▶ _Your objective_:
Give back every record exactly as written.

▶ _Given entries_:
^^^^^^^^^^^^^^^^
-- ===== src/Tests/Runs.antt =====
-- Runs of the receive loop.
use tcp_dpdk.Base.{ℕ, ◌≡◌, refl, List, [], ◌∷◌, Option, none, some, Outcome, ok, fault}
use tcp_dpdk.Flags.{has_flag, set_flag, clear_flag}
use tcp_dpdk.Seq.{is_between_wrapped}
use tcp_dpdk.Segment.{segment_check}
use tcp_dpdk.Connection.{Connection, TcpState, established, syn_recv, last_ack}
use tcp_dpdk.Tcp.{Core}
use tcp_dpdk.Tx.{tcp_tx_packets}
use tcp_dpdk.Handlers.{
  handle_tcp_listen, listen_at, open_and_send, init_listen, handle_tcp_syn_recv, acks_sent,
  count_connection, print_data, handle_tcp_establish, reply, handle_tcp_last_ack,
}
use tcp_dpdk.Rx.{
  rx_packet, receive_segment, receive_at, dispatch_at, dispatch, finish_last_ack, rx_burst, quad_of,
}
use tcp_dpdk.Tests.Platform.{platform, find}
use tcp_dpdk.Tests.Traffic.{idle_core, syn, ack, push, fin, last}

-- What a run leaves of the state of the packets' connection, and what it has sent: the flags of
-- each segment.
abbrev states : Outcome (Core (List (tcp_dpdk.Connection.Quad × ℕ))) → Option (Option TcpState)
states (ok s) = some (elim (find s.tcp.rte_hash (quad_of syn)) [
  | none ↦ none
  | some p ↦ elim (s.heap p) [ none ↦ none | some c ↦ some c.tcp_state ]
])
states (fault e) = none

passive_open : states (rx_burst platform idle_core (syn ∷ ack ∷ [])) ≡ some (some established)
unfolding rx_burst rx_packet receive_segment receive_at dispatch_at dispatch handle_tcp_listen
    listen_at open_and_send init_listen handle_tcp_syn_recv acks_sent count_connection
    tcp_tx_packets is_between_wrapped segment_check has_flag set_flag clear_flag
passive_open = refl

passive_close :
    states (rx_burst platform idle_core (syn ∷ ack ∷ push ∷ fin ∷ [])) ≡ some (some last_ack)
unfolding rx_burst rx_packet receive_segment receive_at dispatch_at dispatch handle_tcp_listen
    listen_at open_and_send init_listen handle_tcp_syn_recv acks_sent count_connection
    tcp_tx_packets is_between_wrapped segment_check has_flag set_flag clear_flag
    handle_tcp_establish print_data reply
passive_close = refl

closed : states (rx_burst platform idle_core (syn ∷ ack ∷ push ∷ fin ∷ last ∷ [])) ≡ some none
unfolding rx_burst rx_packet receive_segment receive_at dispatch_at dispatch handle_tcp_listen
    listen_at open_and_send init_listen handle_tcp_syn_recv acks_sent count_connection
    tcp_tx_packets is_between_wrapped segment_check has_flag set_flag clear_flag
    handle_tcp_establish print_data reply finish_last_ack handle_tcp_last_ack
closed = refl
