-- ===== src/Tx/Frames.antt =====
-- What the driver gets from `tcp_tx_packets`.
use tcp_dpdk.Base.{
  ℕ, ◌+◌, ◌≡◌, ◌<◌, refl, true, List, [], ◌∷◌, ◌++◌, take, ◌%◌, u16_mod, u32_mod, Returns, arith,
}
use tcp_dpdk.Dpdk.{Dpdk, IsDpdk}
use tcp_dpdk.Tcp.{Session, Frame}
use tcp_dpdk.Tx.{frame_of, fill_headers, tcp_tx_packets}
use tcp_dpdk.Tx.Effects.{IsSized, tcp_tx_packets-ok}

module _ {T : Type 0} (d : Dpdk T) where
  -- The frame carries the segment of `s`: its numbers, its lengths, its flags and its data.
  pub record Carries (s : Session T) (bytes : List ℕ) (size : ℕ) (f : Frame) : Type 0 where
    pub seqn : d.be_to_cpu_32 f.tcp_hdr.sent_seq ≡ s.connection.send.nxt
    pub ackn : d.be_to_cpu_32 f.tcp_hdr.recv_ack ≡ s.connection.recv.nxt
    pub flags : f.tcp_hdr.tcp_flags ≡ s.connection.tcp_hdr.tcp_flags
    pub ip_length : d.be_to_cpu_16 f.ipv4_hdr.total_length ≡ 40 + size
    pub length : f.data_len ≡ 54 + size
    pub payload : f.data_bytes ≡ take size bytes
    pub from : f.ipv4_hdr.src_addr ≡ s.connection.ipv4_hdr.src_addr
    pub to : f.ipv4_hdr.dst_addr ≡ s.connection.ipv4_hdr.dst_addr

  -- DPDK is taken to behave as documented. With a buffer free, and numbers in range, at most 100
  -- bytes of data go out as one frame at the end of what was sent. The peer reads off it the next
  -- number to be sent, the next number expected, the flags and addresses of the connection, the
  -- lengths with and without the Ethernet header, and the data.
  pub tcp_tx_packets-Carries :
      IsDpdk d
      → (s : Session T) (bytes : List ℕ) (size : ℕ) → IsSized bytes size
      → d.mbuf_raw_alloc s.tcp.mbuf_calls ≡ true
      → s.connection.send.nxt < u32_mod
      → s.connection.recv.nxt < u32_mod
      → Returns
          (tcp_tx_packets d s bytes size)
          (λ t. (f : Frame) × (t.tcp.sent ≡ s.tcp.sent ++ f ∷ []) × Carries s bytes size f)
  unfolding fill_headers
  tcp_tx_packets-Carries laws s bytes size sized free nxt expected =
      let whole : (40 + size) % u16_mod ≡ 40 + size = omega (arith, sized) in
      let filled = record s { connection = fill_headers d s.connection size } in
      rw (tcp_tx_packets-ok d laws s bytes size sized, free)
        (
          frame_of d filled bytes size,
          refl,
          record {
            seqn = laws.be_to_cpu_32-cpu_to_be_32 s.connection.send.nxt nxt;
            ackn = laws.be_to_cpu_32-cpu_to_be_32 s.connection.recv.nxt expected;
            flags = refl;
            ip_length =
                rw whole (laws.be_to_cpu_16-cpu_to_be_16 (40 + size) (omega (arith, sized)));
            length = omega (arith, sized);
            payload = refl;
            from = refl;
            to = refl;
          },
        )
^^^^^^^^^^^^^^^^
▶ _Written answer_:
-- ===== src/Tests/Runs.antt =====
-- Runs of the receive loop.
use tcp_dpdk.Base.{ℕ, ◌≡◌, refl, List, [], ◌∷◌, Option, none, some, Outcome, ok, fault}
use tcp_dpdk.Flags.{has_flag, set_flag, clear_flag}
use tcp_dpdk.Seq.{is_between_wrapped}
use tcp_dpdk.Segment.{segment_check}
use tcp_dpdk.Connection.{Connection, TcpState, established, syn_recv, last_ack}
use tcp_dpdk.Tcp.{Core}
use tcp_dpdk.Tx.{tcp_tx_packets}
use tcp_dpdk.Handlers.{
  handle_tcp_listen, listen_at, open_and_send, init_listen, handle_tcp_syn_recv, acks_sent,
  count_connection, print_data, handle_tcp_establish, reply, handle_tcp_last_ack,
}
use tcp_dpdk.Rx.{
  rx_packet, receive_segment, receive_at, dispatch_at, dispatch, finish_last_ack, rx_burst, quad_of,
}
use tcp_dpdk.Tests.Platform.{platform, find}
use tcp_dpdk.Tests.Traffic.{idle_core, syn, ack, push, fin, last}

-- What a run leaves of the state of the packets' connection, and what it has sent: the flags of
-- each segment.
abbrev states : Outcome (Core (List (tcp_dpdk.Connection.Quad × ℕ))) → Option (Option TcpState)
states (ok s) = some (elim (find s.tcp.rte_hash (quad_of syn)) [
  | none ↦ none
  | some p ↦ elim (s.heap p) [ none ↦ none | some c ↦ some c.tcp_state ]
])
states (fault e) = none

passive_open : states (rx_burst platform idle_core (syn ∷ ack ∷ [])) ≡ some (some established)
unfolding rx_burst rx_packet receive_segment receive_at dispatch_at dispatch handle_tcp_listen
    listen_at open_and_send init_listen handle_tcp_syn_recv acks_sent count_connection
    tcp_tx_packets is_between_wrapped segment_check has_flag set_flag clear_flag
passive_open = refl

passive_close :
    states (rx_burst platform idle_core (syn ∷ ack ∷ push ∷ fin ∷ [])) ≡ some (some last_ack)
unfolding rx_burst rx_packet receive_segment receive_at dispatch_at dispatch handle_tcp_listen
    listen_at open_and_send init_listen handle_tcp_syn_recv acks_sent count_connection
    tcp_tx_packets is_between_wrapped segment_check has_flag set_flag clear_flag
    handle_tcp_establish print_data reply
passive_close = refl

closed : states (rx_burst platform idle_core (syn ∷ ack ∷ push ∷ fin ∷ last ∷ [])) ≡ some none
unfolding rx_burst rx_packet receive_segment receive_at dispatch_at dispatch handle_tcp_listen
    listen_at open_and_send init_listen handle_tcp_syn_recv acks_sent count_connection
    tcp_tx_packets is_between_wrapped segment_check has_flag set_flag clear_flag
    handle_tcp_establish print_data reply finish_last_ack handle_tcp_last_ack
closed = refl
-- ===== src/Tx/Frames.antt =====
-- What the driver gets from `tcp_tx_packets`.
use tcp_dpdk.Base.{
  ℕ, ◌+◌, ◌≡◌, ◌<◌, refl, true, List, [], ◌∷◌, ◌++◌, take, ◌%◌, u16_mod, u32_mod, Returns, arith,
}
use tcp_dpdk.Dpdk.{Dpdk, IsDpdk}
use tcp_dpdk.Tcp.{Session, Frame}
use tcp_dpdk.Tx.{frame_of, fill_headers, tcp_tx_packets}
use tcp_dpdk.Tx.Effects.{IsSized, tcp_tx_packets-ok}

module _ {T : Type 0} (d : Dpdk T) where
  -- The frame carries the segment of `s`: its numbers, its lengths, its flags and its data.
  pub record Carries (s : Session T) (bytes : List ℕ) (size : ℕ) (f : Frame) : Type 0 where
    pub seqn : d.be_to_cpu_32 f.tcp_hdr.sent_seq ≡ s.connection.send.nxt
    pub ackn : d.be_to_cpu_32 f.tcp_hdr.recv_ack ≡ s.connection.recv.nxt
    pub flags : f.tcp_hdr.tcp_flags ≡ s.connection.tcp_hdr.tcp_flags
    pub ip_length : d.be_to_cpu_16 f.ipv4_hdr.total_length ≡ 40 + size
    pub length : f.data_len ≡ 54 + size
    pub payload : f.data_bytes ≡ take size bytes
    pub from : f.ipv4_hdr.src_addr ≡ s.connection.ipv4_hdr.src_addr
    pub to : f.ipv4_hdr.dst_addr ≡ s.connection.ipv4_hdr.dst_addr

  -- DPDK is taken to behave as documented. With a buffer free, and numbers in range, at most 100
  -- bytes of data go out as one frame at the end of what was sent. The peer reads off it the next
  -- number to be sent, the next number expected, the flags and addresses of the connection, the
  -- lengths with and without the Ethernet header, and the data.
  pub tcp_tx_packets-Carries :
      IsDpdk d
      → (s : Session T) (bytes : List ℕ) (size : ℕ) → IsSized bytes size
      → d.mbuf_raw_alloc s.tcp.mbuf_calls ≡ true
      → s.connection.send.nxt < u32_mod
      → s.connection.recv.nxt < u32_mod
      → Returns
          (tcp_tx_packets d s bytes size)
          (λ t. (f : Frame) × (t.tcp.sent ≡ s.tcp.sent ++ f ∷ []) × Carries s bytes size f)
  unfolding fill_headers
  tcp_tx_packets-Carries laws s bytes size sized free nxt expected =
      let whole : (40 + size) % u16_mod ≡ 40 + size = omega (arith, sized) in
      let filled = record s { connection = fill_headers d s.connection size } in
      rw (tcp_tx_packets-ok d laws s bytes size sized, free)
        (
          frame_of d filled bytes size,
          refl,
          record {
            seqn = laws.be_to_cpu_32-cpu_to_be_32 s.connection.send.nxt nxt;
            ackn = laws.be_to_cpu_32-cpu_to_be_32 s.connection.recv.nxt expected;
            flags = refl;
            ip_length =
                rw whole (laws.be_to_cpu_16-cpu_to_be_16 (40 + size) (omega (arith, sized)));
            length = omega (arith, sized);
            payload = refl;
            from = refl;
            to = refl;
          },
        )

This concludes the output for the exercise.